Segment Start: Provided records
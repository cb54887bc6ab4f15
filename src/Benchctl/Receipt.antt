-- ===== src/Benchctl/Receipt.antt =====
-- The receipt of a benchmark build, tools/benchctl/src/receipt.rs.
use Prim.Native.String.{String}
use snoozer.Prelude.{ℕ, Bool, List}

pub record BuildReceipt : Type 0 where
  pub version : String
  pub build_id : String
  pub manifest_path : String
  pub repository : String
  pub source_commit : String
  pub source_clean : Bool
  pub lockfile_path : String
  pub lockfile_sha256 : String
  pub package_id : String
  pub bench : String
  pub features : List String
  pub profile : String
  pub rustc : String
  pub rustup_toolchain : String
  pub target_triple : String
  pub benchctl_version : String
  pub benchctl_executable_sha256 : String
  pub executable : String
  pub executable_sha256 : String
  pub built_unix_millis : ℕ
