-- ===== src/Benchctl/Supervision.antt =====
-- What a run of tools/benchctl asks of the rest of the system: the supervision of the workload, build receipts, and the
-- locks. None of it touches the cpuidle files or a journal.
use Prim.Native.String.{String}
use snoozer.Prelude.{Bool, Option, ◌≡◌}
use snoozer.Benchctl.Paths.{lookup}
use snoozer.Benchctl.Host.{World, Host, Action, Actor}
use snoozer.Benchctl.Host.Ending.{Ends, Ends-map, Disk, On, Kept}
use snoozer.Benchctl.Journal.{Request, journal_name}
use snoozer.Benchctl.Receipt.{BuildReceipt}
pub mod Drain

-- `Outcome` of tools/benchctl/src/supervision.rs
pub data Outcome : Type 0 where
  success : Outcome
  failure : String → Outcome
  timed_out : Outcome
  cancelled : Outcome

pub record Services : Type 0 where
  -- `create_dir_all` of the state directory and `secure_state_directory`
  pub secure_state : Action
  -- `lock_for`, which may wait
  pub lock_for : Bool → Action
  pub require_inactive : Action
  pub invoking_actor : Host Actor
  pub load_receipt : String → Host BuildReceipt
  pub verify_checkout_as : BuildReceipt → Actor → Action
  pub receipt_digest : String → Host String
  pub new_operation_id : Host String
  pub client_watch : Action
  -- the snapshots of the receipt and the executable in the state directory
  pub accept_snapshots : Request → BuildReceipt → Action
  pub coordinate : String → Request → Host Outcome
  pub recover_outcome : String → Host (Option Outcome)
  pub cleanup_runtime : String → Action

-- The cpuidle files and every journal are what they were.
abbrev pub Apart : World → World → Type 0
Apart w u =
    (u.sysfs ≡ w.sysfs)
    × ((id : String)
        → lookup (journal_name id) u.operations ≡ lookup (journal_name id) w.operations)

abbrev pub IsSeparate : {A : Type 0} → Host A → Type 0
IsSeparate m = (w : World) → Ends (λ _. Apart w) (Apart w) (m w)

pub record IsTidy (s : Services) : Type 0 where
  pub secure_state : IsSeparate s.secure_state
  pub lock_for : (wait : Bool) → IsSeparate (s.lock_for wait)
  pub require_inactive : IsSeparate s.require_inactive
  pub invoking_actor : IsSeparate s.invoking_actor
  pub load_receipt : (path : String) → IsSeparate (s.load_receipt path)
  pub verify_checkout_as :
      (receipt : BuildReceipt) (actor : Actor) → IsSeparate (s.verify_checkout_as receipt actor)
  pub receipt_digest : (path : String) → IsSeparate (s.receipt_digest path)
  pub new_operation_id : IsSeparate s.new_operation_id
  pub client_watch : IsSeparate s.client_watch
  pub accept_snapshots :
      (request : Request) (receipt : BuildReceipt) → IsSeparate (s.accept_snapshots request receipt)
  pub coordinate : (id : String) (request : Request) → IsSeparate (s.coordinate id request)
  pub recover_outcome : (id : String) → IsSeparate (s.recover_outcome id)
  pub cleanup_runtime : (id : String) → IsSeparate (s.cleanup_runtime id)

-- A predicate on the tree and the journals alone.
abbrev pub IsLocal : Disk → Type 0
IsLocal I = (w u : World) → Apart w u → On I w → On I u

pub IsSeparate-Kept :
    {A : Type 0} (I : Disk) (m : Host A) (w : World)
    → IsLocal I
    → IsSeparate m
    → On I w
    → Kept I (m w)
IsSeparate-Kept I m w local separate h =
    Ends-map (λ _. Apart w) (λ _. On I) (Apart w) (On I) (m w) (separate w) (λ _ u a. local w u a h)
      (λ u a. local w u a h)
Segment End: Provided records
**What you need to do**
Give back every entry exactly, with nothing left out.

**Answer**
repository cb54887bc6ab4f15
filename src/Benchctl/Receipt.antt
-- ===== src/Benchctl/Receipt.antt =====
-- The receipt of a benchmark build, tools/benchctl/src/receipt.rs.
use Prim.Native.String.{String}
use snoozer.Prelude.{ℕ, Bool, List}

pub record BuildReceipt : Type 0 where
  pub version : String
  pub build_id : String
  pub manifest_path : String
  pub repository : String
  pub source_commit : String
  pub source_clean : Bool
  pub lockfile_path : String
  pub lockfile_sha256 : String
  pub package_id : String
  pub bench : String
  pub features : List String
  pub profile : String
  pub rustc : String
  pub rustup_toolchain : String
  pub target_triple : String
  pub benchctl_version : String
  pub benchctl_executable_sha256 : String
  pub executable : String
  pub executable_sha256 : String
  pub built_unix_millis : ℕ
-- ===== src/Benchctl/Supervision.antt =====
-- What a run of tools/benchctl asks of the rest of the system: the supervision of the workload, build receipts, and the
-- locks. None of it touches the cpuidle files or a journal.
use Prim.Native.String.{String}
use snoozer.Prelude.{Bool, Option, ◌≡◌}
use snoozer.Benchctl.Paths.{lookup}
use snoozer.Benchctl.Host.{World, Host, Action, Actor}
use snoozer.Benchctl.Host.Ending.{Ends, Ends-map, Disk, On, Kept}
use snoozer.Benchctl.Journal.{Request, journal_name}
use snoozer.Benchctl.Receipt.{BuildReceipt}
pub mod Drain

-- `Outcome` of tools/benchctl/src/supervision.rs
pub data Outcome : Type 0 where
  success : Outcome
  failure : String → Outcome
  timed_out : Outcome
  cancelled : Outcome

pub record Services : Type 0 where
  -- `create_dir_all` of the state directory and `secure_state_directory`
  pub secure_state : Action
  -- `lock_for`, which may wait
  pub lock_for : Bool → Action
  pub require_inactive : Action
  pub invoking_actor : Host Actor
  pub load_receipt : String → Host BuildReceipt
  pub verify_checkout_as : BuildReceipt → Actor → Action
  pub receipt_digest : String → Host String
  pub new_operation_id : Host String
  pub client_watch : Action
  -- the snapshots of the receipt and the executable in the state directory
  pub accept_snapshots : Request → BuildReceipt → Action
  pub coordinate : String → Request → Host Outcome
  pub recover_outcome : String → Host (Option Outcome)
  pub cleanup_runtime : String → Action

-- The cpuidle files and every journal are what they were.
abbrev pub Apart : World → World → Type 0
Apart w u =
    (u.sysfs ≡ w.sysfs)
    × ((id : String)
        → lookup (journal_name id) u.operations ≡ lookup (journal_name id) w.operations)

abbrev pub IsSeparate : {A : Type 0} → Host A → Type 0
IsSeparate m = (w : World) → Ends (λ _. Apart w) (Apart w) (m w)

pub record IsTidy (s : Services) : Type 0 where
  pub secure_state : IsSeparate s.secure_state
  pub lock_for : (wait : Bool) → IsSeparate (s.lock_for wait)
  pub require_inactive : IsSeparate s.require_inactive
  pub invoking_actor : IsSeparate s.invoking_actor
  pub load_receipt : (path : String) → IsSeparate (s.load_receipt path)
  pub verify_checkout_as :
      (receipt : BuildReceipt) (actor : Actor) → IsSeparate (s.verify_checkout_as receipt actor)
  pub receipt_digest : (path : String) → IsSeparate (s.receipt_digest path)
  pub new_operation_id : IsSeparate s.new_operation_id
  pub client_watch : IsSeparate s.client_watch
  pub accept_snapshots :
      (request : Request) (receipt : BuildReceipt) → IsSeparate (s.accept_snapshots request receipt)
  pub coordinate : (id : String) (request : Request) → IsSeparate (s.coordinate id request)
  pub recover_outcome : (id : String) → IsSeparate (s.recover_outcome id)
  pub cleanup_runtime : (id : String) → IsSeparate (s.cleanup_runtime id)

-- A predicate on the tree and the journals alone.
abbrev pub IsLocal : Disk → Type 0
IsLocal I = (w u : World) → Apart w u → On I w → On I u

pub IsSeparate-Kept :
    {A : Type 0} (I : Disk) (m : Host A) (w : World)
    → IsLocal I
    → IsSeparate m
    → On I w
    → Kept I (m w)
IsSeparate-Kept I m w local separate h =
    Ends-map (λ _. Apart w) (λ _. On I) (Apart w) (On I) (m w) (separate w) (λ _ u a. local w u a h)
      (λ u a. local w u a h)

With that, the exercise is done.